Talking About HCI?





HCI?! Here we are again! Decoding another section of Eyman’s infamous work.

In last week’s class in groups, we were told to discuss some quotes (as we frequently do). Me, who usually enjoys these tasks, has been thinking about one in particular.

“Google teaches us that “ambiguity is not an opening for insight but a bug to be fixed” (Carr, p. 23).

Why? Well, because my initial thoughts pointed the finger at the interface. Or, for the sake of being literal, turning the blame solely on Google. The truth is, the blame is on the rapid-rate consumption contract our society didn’t hesitate to sign. We’ve swirled the use of computers in every corner. There is no opting out.

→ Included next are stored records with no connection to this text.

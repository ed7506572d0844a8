-- ===== src/Auth/Store.antt =====
-- The users and roles of crates/server/src/auth/mod.rs. An operation gives its result and the store,
-- which it has changed before a failing save.
mod Count
pub mod Stays
pub mod Verify
use vaylix.Prelude.{
  ℕ, zero, suc, ◌+◌, ◌<◌, String, Bool, true, false, ◌&&◌, ◌||◌, not, Option, none, some, List, [],
  ◌∷◌, Result, ok, err, length, ltb, leb, ◌==◌, str_eq, if◌then◌else◌,
}
use vaylix.Table.{Table, lookup, insert, remove, contains_key}
use vaylix.Text.{as_bytes}
use vaylix.Engine.Wildcard.{chars}
use vaylix.Auth.Error.{
  ServerError, authentication_configuration, password_policy_violation, last_admin_user,
  user_already_exists, user_not_found, role_already_exists, role_not_found, protected_role,
}
use vaylix.Auth.Grants.{
  Permission, PermissionGrant, Identity, all_permissions, same_permission, same_grant, member, add,
  discard, extend,
}

-- What is not in this file: Argon2 with the random salt, which gives a hash or an error, and the
-- writing of the store.
pub record Secrets : Type 0 where
  pub hash_password : String → Result ServerError String
  pub password_matches : String → String → Result ServerError Bool
  pub bad_save : Option ServerError

pub record UserRecord : Type 0 where
  pub password_hash : String
  pub roles : List String
  pub disabled : Bool

pub record RoleRecord : Type 0 where
  pub permissions : List Permission
  pub grants : List PermissionGrant

pub record StoredAuth : Type 0 where
  pub version : ℕ
  pub users : Table UserRecord
  pub roles : Table RoleRecord
  pub bootstrap_admin : Option String

-- `persist` tells whether the store has a file.
pub record AuthStore : Type 0 where
  pub stored : StoredAuth
  pub persist : Bool

abbrev pub Outcome : Type 0
Outcome = Result ServerError (Unit {0}) × AuthStore

abbrev pub admin_role : String
admin_role = "admin"

abbrev pub has_role : String → UserRecord → Bool
has_role role user = member str_eq role user.roles

abbrev pub is_admin : UserRecord → Bool
is_admin user = not user.disabled && has_role admin_role user

abbrev pub one_if : Bool → ℕ
one_if true = 1
one_if false = 0

unfoldable pub count_admins : Table UserRecord → ℕ
count_admins [] = 0
count_admins (pair ∷ table) = one_if (is_admin pair.1) + count_admins table

abbrev pub admin_user_count : AuthStore → ℕ
admin_user_count store = count_admins store.stored.users

abbrev pub with_users : Table UserRecord → AuthStore → AuthStore
with_users users store = record store { stored = record store.stored { users = users } }

abbrev pub with_roles : Table RoleRecord → AuthStore → AuthStore
with_roles roles store = record store { stored = record store.stored { roles = roles } }

abbrev pub saved : Option ServerError → Result ServerError (Unit {0})
saved none = ok tt
saved (some e) = err e

abbrev pub refused : ServerError → AuthStore → Outcome
refused e store = (err e, store)

-- `is_ascii_alphabetic` and `is_ascii_digit`
abbrev is_letter : ℕ → Bool
is_letter c = (leb 65 c && leb c 90) || (leb 97 c && leb c 122)

abbrev is_digit : ℕ → Bool
is_digit c = leb 48 c && leb c 57

abbrev any_char : (ℕ → Bool) → List ℕ → Bool
any_char test [] = false
any_char test (c ∷ text) = test c || any_char test text

unfoldable pub validate_password_policy : String → Result ServerError (Unit {0})
validate_password_policy password =
    if ltb (length (as_bytes password)) 12
    then err password_policy_violation
    else if not (any_char is_letter (chars password)) || not (any_char is_digit (chars password))
    then err password_policy_violation
    else ok tt

-- `values_mut` with the removal of the role from each user
unfoldable pub without_role : String → Table UserRecord → Table UserRecord
without_role role [] = []
without_role role ((name, user) ∷ users) =
    (name, record user { roles = discard str_eq role user.roles }) ∷ without_role role users

abbrev pub star_grant : Permission → PermissionGrant
star_grant p = record { permission = p; pattern = "*" }

abbrev pub star_grants : List Permission → List PermissionGrant
star_grants [] = []
star_grants (p ∷ permissions) = star_grant p ∷ star_grants permissions

-- The permissions of the grants on every key.
abbrev pub unscoped : List PermissionGrant → List Permission
unscoped [] = []
unscoped (g ∷ grants) =
    let rest = unscoped grants in if str_eq g.pattern "*" then g.permission ∷ rest else rest

abbrev pub extended_by :
    RoleRecord → List Permission × List PermissionGrant → List Permission × List PermissionGrant
extended_by role (permissions, grants) = (
  extend same_permission (extend same_permission permissions role.permissions)
      (unscoped role.grants),
  extend same_grant (extend same_grant grants (star_grants role.permissions)) role.grants,
)

-- A role that is not there any more adds nothing.
abbrev pub with_role :
    Option RoleRecord
    → List Permission × List PermissionGrant
    → List Permission × List PermissionGrant
with_role none found = found
with_role (some role) found = extended_by role found

unfoldable pub resolve_roles :
    List String
    → Table RoleRecord
    → List Permission × List PermissionGrant
    → List Permission × List PermissionGrant
resolve_roles [] roles found = found
resolve_roles (name ∷ names) roles found =
    resolve_roles names roles (with_role (lookup name roles) found)

unfoldable pub resolve_permissions :
    StoredAuth → UserRecord → List Permission × List PermissionGrant
resolve_permissions stored user = resolve_roles user.roles stored.roles ([], [])

abbrev pub identity_of : String → List Permission × List PermissionGrant → Identity
identity_of name (permissions, grants) = record {
  username = name;
  permissions = permissions;
  grants = grants;
}

abbrev pub is_last_admin : String → AuthStore → Bool
is_last_admin name store =
    leb (admin_user_count store) 1
    && elim (lookup name store.stored.users) [ none ↦ false | some user ↦ has_role admin_role user ]

abbrev pub revoked : Permission → String → RoleRecord → RoleRecord
revoked permission pattern role = record role {
  grants = discard same_grant (record { permission = permission; pattern = pattern }) role.grants;
  permissions =
      if str_eq pattern "*"
      then discard same_permission permission role.permissions
      else role.permissions;
}

module _ (s : Secrets) where
  -- `save` answers for a store with no file.
  abbrev pub save : AuthStore → Outcome
  save store = if store.persist then (saved s.bad_save, store) else (ok tt, store)

  unfoldable pub verify : AuthStore → String → String → Result ServerError (Option Identity)
  verify store name password = elim (lookup name store.stored.users) [
    | none ↦ ok none
    | some user ↦
        if user.disabled then ok none else elim (s.password_matches user.password_hash password) [
          | err e ↦ err e
          | ok false ↦ ok none
          | ok true ↦ ok (some (identity_of name (resolve_permissions store.stored user)))
        ]
  ]

  abbrev pub put_user : String → AuthStore → Result ServerError UserRecord → Outcome
  put_user name store (err e) = refused e store
  put_user name store (ok user) = save (with_users (insert name user store.stored.users) store)

  abbrev pub new_user : String → Result ServerError UserRecord
  new_user password = elim (s.hash_password password) [
    | err e ↦ err e
    | ok hash ↦ ok (record { password_hash = hash; roles = []; disabled = false })
  ]

  unfoldable pub create_user : String → String → AuthStore → Outcome
  create_user name password store = elim (validate_password_policy password) [
    | err e ↦ refused e store
    | ok _ ↦
        if contains_key name store.stored.users
        then refused (user_already_exists name) store
        else put_user name store (new_user password)
  ]

  abbrev pub rehashed : UserRecord → String → Result ServerError UserRecord
  rehashed user password = elim (s.hash_password password) [
    | err e ↦ err e
    | ok hash ↦ ok (record user { password_hash = hash })
  ]

  unfoldable pub alter_user_password : String → String → AuthStore → Outcome
  alter_user_password name password store = elim (validate_password_policy password) [
    | err e ↦ refused e store
    | ok _ ↦ elim (lookup name store.stored.users) [
      | none ↦ refused (user_not_found name) store
      | some user ↦ put_user name store (rehashed user password)
    ]
  ]

  unfoldable pub drop_user : String → AuthStore → Outcome
  drop_user name store =
      if not (contains_key name store.stored.users)
      then refused (user_not_found name) store
      else if is_last_admin name store
      then refused last_admin_user store
      else save (with_users (remove name store.stored.users) store)

  unfoldable pub create_role : String → AuthStore → Outcome
  create_role role store =
      if contains_key role store.stored.roles
      then refused (role_already_exists role) store
      else save (
          with_roles (insert role (record { permissions = []; grants = [] }) store.stored.roles)
            store)

  unfoldable pub drop_role : String → AuthStore → Outcome
  drop_role role store =
      if str_eq role admin_role
      then refused (protected_role role) store
      else if not (contains_key role store.stored.roles)
      then refused (role_not_found role) store
      else save (
          with_roles (remove role store.stored.roles)
            (with_users (without_role role store.stored.users) store))

  unfoldable pub grant_role : String → String → AuthStore → Outcome
  grant_role role name store =
      if not (contains_key role store.stored.roles)
      then refused (role_not_found role) store
      else elim (lookup name store.stored.users) [
        | none ↦ refused (user_not_found name) store
        | some user ↦ put_user name store (ok (record user { roles = add str_eq role user.roles }))
      ]

  unfoldable pub revoke_role : String → String → AuthStore → Outcome
  revoke_role role name store =
      if str_eq role admin_role && is_last_admin name store
      then refused last_admin_user store
      else elim (lookup name store.stored.users) [
        | none ↦ refused (user_not_found name) store
        | some user ↦
            put_user name store (ok (record user { roles = discard str_eq role user.roles }))
      ]

  abbrev pub put_role : String → RoleRecord → AuthStore → Outcome
  put_role name role store = save (with_roles (insert name role store.stored.roles) store)

  unfoldable pub grant_permission : Permission → String → String → AuthStore → Outcome
  grant_permission permission pattern name store = elim (lookup name store.stored.roles) [
    | none ↦ refused (role_not_found name) store
    | some role ↦
        put_role name
          (record role {
            grants =
                add same_grant (record { permission = permission; pattern = pattern }) role.grants;
          })
          store
  ]

  unfoldable pub revoke_permission : Permission → String → String → AuthStore → Outcome
  revoke_permission permission pattern name store =
      if str_eq name admin_role && same_permission permission Permission.admin && str_eq pattern "*"
      then refused (protected_role name) store
      else elim (lookup name store.stored.roles) [
        | none ↦ refused (role_not_found name) store
        | some role ↦ put_role name (revoked permission pattern role) store
      ]

abbrev pub admin_role_record : RoleRecord
admin_role_record = record { permissions = all_permissions; grants = star_grants all_permissions }

abbrev pub admin_roles : Table RoleRecord
admin_roles = (admin_role, admin_role_record) ∷ []

unfoldable pub bootstrap_store : Secrets → String → String → Result ServerError StoredAuth
bootstrap_store s name password = elim (s.hash_password password) [
  | err e ↦ err e
  | ok hash ↦ ok (record {
    version = 2;
    users = (name, record { password_hash = hash; roles = admin_role ∷ []; disabled = false }) ∷ [];
    roles = admin_roles;
    bootstrap_admin = some name;
  })
]

-- `AuthConfig::new`, with no file.
unfoldable pub new_config : Secrets → String → String → Result ServerError AuthStore
new_config s name password = elim (bootstrap_store s name password) [
  | err e ↦ err e
  | ok stored ↦ ok (record { stored = stored; persist = false })
]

These are themes I’ve held onto for the entire semester. And it might be tiresome for you to hear them once more, but, in my opinion, they are critical points for the case. Therefore, I believe it has something to do with the modernized meaning and perception of HIC (human-computer interaction). Dix, Finlay, Abowd, and Beale (1993) definition of HCI is my personal favorite (I love a painless explanation)…

“is, put simply, the study of people, computer technology, and the ways these influence each other” (xiii).

Modern-day internet users know how easy it is to get lost on various platforms or websites. Hyperlink after hyperlink, we press. We sign up for newsletter emails in exchange for “Welcome!” discount codes. Or we hit follow, like, and share and facilitate all-consuming parasocial relationships. Unknowingly taking ourselves exactly where the maker wants us!

HCI- Humans Interaction

A rhetor has mastered his craft if we’ve acted without thinking. Being objected to all kinds of web schemes, I am certain we might agree on the following statement: Because of digital rhetoric, we are adequate critics of digital technologies.

We know something has failed if we don’t want to continue using it. An example is Vine. This platform couldn’t catch up with the times. It couldn’t persuade its users to spend long periods of their time invested in their app’s contents. Therefore, failing as a digital rhetor.

Hence, even if we aren’t aware of it, we are critics. The world moved on, Vine fading into inexistence.